• _Records supplied_:

-- ===== src/Evaluate/Severity.antt =====
-- How the state of a certificate follows from its dates, its flags and the windows.
use certinv.Prelude.{
  ℕ, pos, ◌≤ℤ◌, leb_ℤ, leb_ℤ_mono, ◌≤◌, String, Bool, true, false, ◌==◌, ◌≡◌, refl, arith,
  if◌then◌else◌,
}
use certinv.Clock.{Time, Duration, sub, sub_mono}
use certinv.Config.{Float64, Thresholds}
use certinv.Cert.{Metadata}
use certinv.Evaluate.{has_issues, classify, certificate}

-- the order of the states, the worst last
abbrev pub severity : String → ℕ
severity state =
    if state == "expired"
    then 4
    else if state == "misconfigured"
    then 3
    else if state == "alert"
    then 2
    else if state == "warn"
    then 1
    else 0

-- the rank of the first test that holds
abbrev rank : Bool → Bool → Bool → Bool → ℕ
rank expired issues alert warn =
    if expired then 4 else if issues then 3 else if alert then 2 else if warn then 1 else 0

-- the ladder of `classify`, its tests computed
abbrev verdict :
    Bool → Bool → Bool → Bool → String → String → String → String → String → String × String
verdict a b c d p q r s t =
    if a
    then ("expired", p)
    else if b
    then ("misconfigured", q)
    else if c
    then ("alert", r)
    else if d
    then ("warn", s)
    else ("healthy", t)

severity-verdict :
    (a b c d : Bool) (p q r s t : String) → severity (verdict a b c d p q r s t).0 ≡ rank a b c d
severity-verdict true b c d p q r s t = refl
severity-verdict false true c d p q r s t = refl
severity-verdict false false true d p q r s t = refl
severity-verdict false false false true p q r s t = refl
severity-verdict false false false false p q r s t = refl

severity-classify :
    (cert : Metadata) (left warn alert : Duration)
    → severity (classify cert left warn alert).0
      ≡ rank (leb_ℤ left (pos 0)) (has_issues cert) (leb_ℤ left alert) (leb_ℤ left warn)
unfolding classify
severity-classify cert left warn alert =
    severity-verdict (leb_ℤ left (pos 0)) (has_issues cert) (leb_ℤ left alert) (leb_ℤ left warn) _ _
      _ _ _

rank_mono :
    (a b c d a' c' d' : Bool)
    → (a ≡ true → a' ≡ true)
    → (c ≡ true → c' ≡ true)
    → (d ≡ true → d' ≡ true)
    → rank a b c d ≤ rank a' b c' d'
rank_mono a b c d a' c' d' f g h = ground arith

classify_mono :
    (cert : Metadata) (less more warn alert : Duration)
    → less ≤ℤ more
    → severity (classify cert more warn alert).0 ≤ severity (classify cert less warn alert).0
classify_mono cert less more warn alert h =
    rw (severity-classify cert more warn alert, severity-classify cert less warn alert)
      (rank_mono _ (has_issues cert) _ _ _ _ _ (leb_ℤ_mono less more (pos 0) h)
        (leb_ℤ_mono less more alert h) (leb_ℤ_mono less more warn h))

module _ (float : Float64) (cert : Metadata) (thresholds : Thresholds float.F) where
  -- As time passes a certificate's state never improves: with the same thresholds, a later
  -- evaluation is at least as severe (healthy, warn, alert, misconfigured, expired), whatever
  -- states were stored before.
  pub severity-certificate_mono :
      (now later : Time) (previous previous' : String) (host_id : ℕ)
      → now ≤ later
      → severity (certificate float cert thresholds now previous host_id).state
        ≤ severity (certificate float cert thresholds later previous' host_id).state
  unfolding certificate
  severity-certificate_mono now later previous previous' host_id h =
      classify_mono cert (sub cert.not_after later) (sub cert.not_after now) _ _
        (sub_mono cert.not_after now later h)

• _What you should do_: Print every entry exactly.

• _Response to the exercise_:
-- ===== src/Evaluate/Severity.antt =====
-- How the state of a certificate follows from its dates, its flags and the windows.
use certinv.Prelude.{
  ℕ, pos, ◌≤ℤ◌, leb_ℤ, leb_ℤ_mono, ◌≤◌, String, Bool, true, false, ◌==◌, ◌≡◌, refl, arith,
  if◌then◌else◌,
}
use certinv.Clock.{Time, Duration, sub, sub_mono}
use certinv.Config.{Float64, Thresholds}
use certinv.Cert.{Metadata}
use certinv.Evaluate.{has_issues, classify, certificate}

-- the order of the states, the worst last
abbrev pub severity : String → ℕ
severity state =
    if state == "expired"
    then 4
    else if state == "misconfigured"
    then 3
    else if state == "alert"
    then 2
    else if state == "warn"
    then 1
    else 0

-- the rank of the first test that holds
abbrev rank : Bool → Bool → Bool → Bool → ℕ
rank expired issues alert warn =
    if expired then 4 else if issues then 3 else if alert then 2 else if warn then 1 else 0

-- the ladder of `classify`, its tests computed
abbrev verdict :
    Bool → Bool → Bool → Bool → String → String → String → String → String → String × String
verdict a b c d p q r s t =
    if a
    then ("expired", p)
    else if b
    then ("misconfigured", q)
    else if c
    then ("alert", r)
    else if d
    then ("warn", s)
    else ("healthy", t)

severity-verdict :
    (a b c d : Bool) (p q r s t : String) → severity (verdict a b c d p q r s t).0 ≡ rank a b c d
severity-verdict true b c d p q r s t = refl
severity-verdict false true c d p q r s t = refl
severity-verdict false false true d p q r s t = refl
severity-verdict false false false true p q r s t = refl
severity-verdict false false false false p q r s t = refl

severity-classify :
    (cert : Metadata) (left warn alert : Duration)
    → severity (classify cert left warn alert).0
      ≡ rank (leb_ℤ left (pos 0)) (has_issues cert) (leb_ℤ left alert) (leb_ℤ left warn)
unfolding classify
severity-classify cert left warn alert =
    severity-verdict (leb_ℤ left (pos 0)) (has_issues cert) (leb_ℤ left alert) (leb_ℤ left warn) _ _
      _ _ _

rank_mono :
    (a b c d a' c' d' : Bool)
    → (a ≡ true → a' ≡ true)
    → (c ≡ true → c' ≡ true)
    → (d ≡ true → d' ≡ true)
    → rank a b c d ≤ rank a' b c' d'
rank_mono a b c d a' c' d' f g h = ground arith

classify_mono :
    (cert : Metadata) (less more warn alert : Duration)
    → less ≤ℤ more
    → severity (classify cert more warn alert).0 ≤ severity (classify cert less warn alert).0
classify_mono cert less more warn alert h =
    rw (severity-classify cert more warn alert, severity-classify cert less warn alert)
      (rank_mono _ (has_issues cert) _ _ _ _ _ (leb_ℤ_mono less more (pos 0) h)
        (leb_ℤ_mono less more alert h) (leb_ℤ_mono less more warn h))

module _ (float : Float64) (cert : Metadata) (thresholds : Thresholds float.F) where
  -- As time passes a certificate's state never improves: with the same thresholds, a later
  -- evaluation is at least as severe (healthy, warn, alert, misconfigured, expired), whatever
  -- states were stored before.
  pub severity-certificate_mono :
      (now later : Time) (previous previous' : String) (host_id : ℕ)
      → now ≤ later
      → severity (certificate float cert thresholds now previous host_id).state
        ≤ severity (certificate float cert thresholds later previous' host_id).state
  unfolding certificate
  severity-certificate_mono now later previous previous' host_id h =
      classify_mono cert (sub cert.not_after later) (sub cert.not_after now) _ _
        (sub_mono cert.not_after now later h)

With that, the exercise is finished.